In order to obtain the cost of each of the activities, the information was structured into an in-house cost allocation model based on the ABC (activity-based costing) analytical accounting standard. Briefly, this method divides the production of an organisation into core activities, defines the costs for these activities, and assigns these costs to all the products and services according to the actual consumption of each activity [28, 29]. In this case, the fixed and variable costs considered in this study included supply (medical supplies, pharmacy, energy, etc.), human resources (healthcare and support staff), and financial costs (interests, commissions, and other costs).

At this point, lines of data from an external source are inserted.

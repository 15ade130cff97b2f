-- ===== src/GuildConfig/Laws.antt =====
-- What the normalization of a configuration gives (config.go).
use go_mamacord.Base.{
  ℕ, zero, suc, ◌≤◌, ◌<◌, ◌≡◌, refl, Bool, true, Option, none, some, List, [], ◌∷◌, arith, any,
  if◌then◌else◌, GoString, str_eq, str_eq_iff, Map, lookup, insert, lookup-insert, ℤ, pos, negsuc,
  inl, inr, Bool-cases,
}
use go_mamacord.GuildConfig.{
  PluginConfig, plugin_commands, is_moderation, enable_all, set_given, set_commands, default_config,
  clamp, normalize,
}

abbrev pub or_else : Option Bool → Option Bool → Option Bool
or_else none b = b
or_else (some a) b = some a

abbrev pub is_command : GoString → List GoString → Bool
is_command j cs = any (λ c. str_eq c j) cs

set_given-lookup :
    (c j : GoString) (r : Option Bool) (m : Map Bool)
    → lookup j (set_given c r m) ≡ (if str_eq c j then or_else r (lookup j m) else lookup j m)
set_given-lookup c j none m = ground arith
set_given-lookup c j (some e) m = ground (arith, lookup-insert c j e m)

pub set_commands-lookup :
    (given : Map Bool) (cs : List GoString) (m : Map Bool) (j : GoString)
    → lookup j (set_commands given cs m)
      ≡ (if is_command j cs then or_else (lookup j given) (lookup j m) else lookup j m)
unfolding set_commands
set_commands-lookup given [] m j = refl
set_commands-lookup given (c ∷ cs) m j =
    let rest = set_commands-lookup given cs (set_given c (lookup c given) m) j in
    let one = set_given-lookup c j (lookup c given) m in ground (arith, rest, one, str_eq_iff c j)

pub enable_all-lookup :
    (cs : List GoString) (m : Map Bool) (j : GoString)
    → lookup j (enable_all cs m) ≡ (if is_command j cs then some true else lookup j m)
unfolding enable_all
enable_all-lookup [] m j = refl
enable_all-lookup (c ∷ cs) m j =
    ground (arith, enable_all-lookup cs (insert c true m) j, lookup-insert c j true m)

-- A command of the plugin is on or off as the configuration says, and on where it says nothing; no
-- other command is there.
pub normalize-commands :
    (p : GoString) (cfg : PluginConfig) (j : GoString)
    → lookup j (normalize p cfg).commands ≡ (
        if is_command j (plugin_commands p)
        then or_else (lookup j cfg.commands) (some true)
        else none)
unfolding normalize default_config
normalize-commands p cfg j =
    let cs = plugin_commands p in
    ground
      (arith, set_commands-lookup cfg.commands cs (enable_all cs []) j, enable_all-lookup cs [] j)

abbrev pub IsWithin : ℕ → ℕ → ℤ → Type 0
IsWithin lo hi (pos n) = (lo ≤ n) × (n ≤ hi)
IsWithin lo hi (negsuc n) = ⊥

pub clamp-IsWithin :
    (v f : ℤ) (lo hi : ℕ) → lo ≤ hi → IsWithin lo hi f → IsWithin lo hi (clamp v lo hi f)
unfolding clamp
clamp-IsWithin (pos zero) f lo hi h g = g
clamp-IsWithin (pos (suc n)) f lo hi h g = ground arith
clamp-IsWithin (negsuc n) f lo hi h g = (ground arith, h)

-- The limits of a normalized moderation configuration are in their ranges.
pub normalize-IsWithin :
    (p : GoString) (cfg : PluginConfig)
    → is_moderation p ≡ true
    → IsWithin 1 20 (normalize p cfg).warning_limit
      × IsWithin 1 20 (normalize p cfg).timeout_threshold
      × IsWithin 1 10080 (normalize p cfg).timeout_minutes
unfolding normalize default_config
normalize-IsWithin p cfg h = rw h (
  clamp-IsWithin cfg.warning_limit (pos 3) 1 20 (omega arith) (omega arith, omega arith),
  clamp-IsWithin cfg.timeout_threshold (pos 3) 1 20 (omega arith) (omega arith, omega arith),
  clamp-IsWithin cfg.timeout_minutes (pos 10) 1 10080 (omega arith) (omega arith, omega arith),
)

pub clamp_fixed : (v f : ℤ) (lo hi : ℕ) → 0 < lo → IsWithin lo hi v → clamp v lo hi f ≡ v
unfolding clamp
clamp_fixed (pos zero) f lo hi h w = absurd (omega (arith, h, w.0))
clamp_fixed (pos (suc n)) f lo hi h w = ground arith
clamp_fixed (negsuc n) f lo hi h w = absurd w

-- Two configurations that say the same: a map of commands counts by what it answers.
pub record SameConfig (a b : PluginConfig) : Type 0 where
  pub enabled : a.enabled ≡ b.enabled
  pub commands : (j : GoString) → lookup j a.commands ≡ lookup j b.commands
  pub warning_limit : a.warning_limit ≡ b.warning_limit
  pub timeout_threshold : a.timeout_threshold ≡ b.timeout_threshold
  pub timeout_minutes : a.timeout_minutes ≡ b.timeout_minutes
  pub allow_channel_reminders : a.allow_channel_reminders ≡ b.allow_channel_reminders
  pub default_reminder_channel_id : a.default_reminder_channel_id ≡ b.default_reminder_channel_id

-- A clamp whose fallback is in the range is done once for all.
reclamp :
    (v f : ℤ) (lo hi : ℕ)
    → 0 < lo
    → lo ≤ hi
    → IsWithin lo hi f
    → clamp (clamp v lo hi f) lo hi f ≡ clamp v lo hi f
reclamp v f lo hi h k w = clamp_fixed (clamp v lo hi f) f lo hi h (clamp-IsWithin v f lo hi k w)

normalize_limits :
    (p : GoString) (cfg : PluginConfig)
    → let n = normalize p cfg in
      ((normalize p n).warning_limit ≡ n.warning_limit)
      × ((normalize p n).timeout_threshold ≡ n.timeout_threshold)
      × ((normalize p n).timeout_minutes ≡ n.timeout_minutes)
unfolding normalize default_config
normalize_limits p cfg = elim (Bool-cases (is_moderation p)) [
  | inl on ↦ rw on (
    reclamp cfg.warning_limit (pos 3) 1 20 (omega arith) (omega arith) (omega arith, omega arith),
    reclamp cfg.timeout_threshold (pos 3) 1 20 (omega arith) (omega arith)
        (omega arith, omega arith),
    reclamp cfg.timeout_minutes (pos 10) 1 10080 (omega arith) (omega arith)
        (omega arith, omega arith),
  )
  | inr off ↦ rw off (refl, refl, refl)
]

-- Normalizing a configuration twice is normalizing it once.
pub normalize_idempotent :
    (p : GoString) (cfg : PluginConfig)
    → SameConfig (normalize p (normalize p cfg)) (normalize p cfg)
unfolding normalize default_config
normalize_idempotent p cfg =
    let (warn, threshold, minutes) = normalize_limits p cfg in
    record {
      enabled = refl;
      commands =
          λ j. ground (arith, normalize-commands p (normalize p cfg) j, normalize-commands p cfg j);
      warning_limit = warn;
      timeout_threshold = threshold;
      timeout_minutes = minutes;
      allow_channel_reminders = ground arith;
      default_reminder_channel_id = ground arith;
    }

The sample size calculation was performed using the main cross-over clinical trial data and was based on detecting changes in physical function as measured by the gait speed test. Thus, we used G*Power software to calculate that a minimum of 16 participants would be required to detect an effect size of 0.459 via ANOVA repeated measures with ‘within-between’ interactions.
Continuous variables were presented as the mean and standard deviation and categorical variables were shown as the relative and absolute frequencies.
Several linear mixed models, one per dependent variable, were adjusted in order to assess the differences between the two periods of time in terms of healthcare costs (in euros) and medical assistance.
All the models also included age, gender, comorbidity, functional capacity, and adherence as covariates (fixed effects) and no interactions were included in the models. To account for the non-independence of observations in the case of repeated measures per patient (variables measured for the same patient in two different periods of time), a random intercept was added to the linear models with the patient used as a random factor. All the statistical analyses were performed with R software (version 3.4.1) mainly by using the lme4 package (version 1.1–17).